*WHAT NEEDS TO BE DONE*
Please find all lines in the data that hold the string "zero" and copy them.

Top of SUPPLIED ENTRIES

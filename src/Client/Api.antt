-- ===== src/Client/Api.antt =====
-- The calls of include/thingsboard.h that move the client from state to state.
pub mod Keeps
pub mod Settled
pub mod Plugged
pub mod Watching
pub mod Live
pub mod Outcome
pub mod Connect
pub mod Initialize
use thingsboard_sdk.Base.{
  ℕ, zero, suc, Bool, true, false, Option, none, some, List, Bytes, length, ltb, ◌==◌,
  if◌then◌else◌, ◌&&◌, not, ◌||◌,
}
use thingsboard_sdk.Types.{
  Result, ok, err, ReturnCode, ThingsboardState, init, connecting, connected, suspended,
  disconnected, ealready, einval, enotconn, eio, Configuration, Kconfig, SecurityConfig, Attributes,
}
use thingsboard_sdk.Platform.{Env, coap_client_init, k_mutex_init}
use thingsboard_sdk.World.{
  World, M, ◌>>=◌, ◌>>◌, pure, done, emit, ask, when, get_world, modify_client,
}
use thingsboard_sdk.Requests.{lock, unlock, unlock_return}
use thingsboard_sdk.TimeSync.{stop_time_sync}
use thingsboard_sdk.Socket.{socket_close, socket_connect}
use thingsboard_sdk.Attributes.{unsubscribe_attributes}
use thingsboard_sdk.Suspend.{set_socket, socket_suspend, socket_resume}
use thingsboard_sdk.Client.Start.{set_state}

abbrev pub string_is_set : Option Bytes → Bool
string_is_set none = false
string_is_set (some s) = ltb 0 (length s)

-- sizeof(sec_tag_t)
abbrev pub sec_tag_size : ℕ
sec_tag_size = 4

abbrev pub has_tags : SecurityConfig → Bool
has_tags s = elim s.tags [ none ↦ false | some _ ↦ not (ltb s.tags_size sec_tag_size) ]

abbrev pub state_is_init : ThingsboardState → Bool
state_is_init init = true
state_is_init _ = false

abbrev pub has_socket : Option ℕ → Bool
has_socket none = false
has_socket (some _) = true

-- The checks of thingsboard_init on its argument.
unfoldable pub is_valid_configuration : Kconfig → Configuration → Bool
is_valid_configuration k c =
    string_is_set c.device_name
    && string_is_set c.server_hostname
    && (not k.fota
        || (string_is_set c.current_firmware.title && string_is_set c.current_firmware.version))
    && (not k.dtls || has_tags c.security)

module _ (e : Env) where
  open_socket : Option Configuration → M ReturnCode
  open_socket none = pure (err enotconn)
  open_socket (some config) = socket_connect e config

  use_socket : ReturnCode → M ReturnCode
  use_socket (err _) = do set_state e disconnected; unlock_return (err enotconn)
  use_socket (ok sock) = do set_socket (some sock); set_state e connecting; unlock_return (ok 0)

  -- thingsboard_connect from DISCONNECTED
  connect_disconnected : M ReturnCode
  unfolding open_socket use_socket
  connect_disconnected = do w ← get_world; res ← open_socket w.client.config; use_socket res

  connect_in : ThingsboardState → M ReturnCode
  unfolding connect_disconnected
  connect_in connected = unlock_return (err ealready)
  connect_in suspended = unlock_return (err ealready)
  connect_in disconnected = connect_disconnected
  connect_in init = unlock_return (err einval)
  connect_in connecting = unlock_return (err einval)

  -- thingsboard_connect
  unfoldable pub connect : M ReturnCode
  unfolding connect_in
  connect w = (do lock; connect_in w.client.state) w

  disconnect_online : M ReturnCode
  disconnect_online = do
    unsubscribe_attributes e
    when e.kconfig.time stop_time_sync
    w ← get_world
    socket_close e w.client.server_socket
    set_state e disconnected
    unlock_return (ok 0)

  disconnect_in : ThingsboardState → M ReturnCode
  unfolding disconnect_online
  disconnect_in connected = disconnect_online
  disconnect_in suspended = disconnect_online
  disconnect_in disconnected = unlock_return (err ealready)
  disconnect_in init = unlock_return (err einval)
  disconnect_in connecting = unlock_return (err einval)

  -- thingsboard_disconnect
  unfoldable pub disconnect : M ReturnCode
  unfolding disconnect_in
  disconnect w = (do lock; disconnect_in w.client.state) w

  -- What thingsboard_suspend and thingsboard_resume do with the result of the socket.
  move_to : ThingsboardState → ReturnCode → M ReturnCode
  move_to new_state (err _) = unlock_return (err eio)
  move_to new_state (ok _) = do set_state e new_state; unlock_return (ok 0)

  suspend_connected : M ReturnCode
  unfolding move_to
  suspend_connected = do res ← socket_suspend e; move_to suspended res

  suspend_in : ThingsboardState → M ReturnCode
  unfolding suspend_connected
  suspend_in suspended = unlock_return (ok 0)
  suspend_in connected = suspend_connected
  suspend_in init = unlock_return (err einval)
  suspend_in connecting = unlock_return (err einval)
  suspend_in disconnected = unlock_return (err einval)

  -- thingsboard_suspend
  unfoldable pub suspend : M ReturnCode
  unfolding suspend_in
  suspend w = (do lock; suspend_in w.client.state) w

  resume_suspended : M ReturnCode
  unfolding move_to
  resume_suspended = do res ← socket_resume e; move_to connected res

  resume_in : ThingsboardState → M ReturnCode
  unfolding resume_suspended
  resume_in connected = unlock_return (ok 0)
  resume_in suspended = resume_suspended
  resume_in init = unlock_return (err einval)
  resume_in connecting = unlock_return (err einval)
  resume_in disconnected = unlock_return (err einval)

  -- thingsboard_resume
  unfoldable pub resume : M ReturnCode
  unfolding resume_in
  resume w = (do lock; resume_in w.client.state) w

  pub connect_first : ReturnCode → M ReturnCode
  connect_first (err _) = pure (err enotconn)
  connect_first (ok _) = pure (ok 0)

  -- The end of thingsboard_init, behind coap_client_init.
  enter_disconnected : ReturnCode → M ReturnCode
  unfolding connect_first
  enter_disconnected (err x) = pure (err x)
  enter_disconnected (ok (suc n)) = pure (ok (suc n))
  enter_disconnected (ok zero) = do
    modify_client (λ c. record c { state = disconnected })
    if e.kconfig.connect_on_init then connect >>= connect_first else pure (ok 0)

  init_checked : Configuration → M ReturnCode
  unfolding enter_disconnected
  init_checked config = do
    emit k_mutex_init
    modify_client (λ c. record c { config = some config })
    res ← ask e.coap_init coap_client_init
    enter_disconnected res

  -- thingsboard_init
  unfoldable pub initialize : Option Configuration → M ReturnCode
  unfolding init_checked
  initialize configuration w =
      if state_is_init w.client.state && not (has_socket w.client.server_socket)
      then elim configuration [
        | none ↦ (w, err einval)
        | some config ↦
            if is_valid_configuration e.kconfig config
            then init_checked config w
            else (w, err einval)
      ]
      else (w, err ealready)

-- thingsboard_get_attributes
unfoldable pub get_attributes : World → Attributes
get_attributes w = w.client.shared_attributes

Bottom of SUPPLIED ENTRIES

*SOLUTION*
  ℕ, zero, suc, Bool, true, false, Option, none, some, List, Bytes, length, ltb, ◌==◌,
  enter_disconnected (ok zero) = do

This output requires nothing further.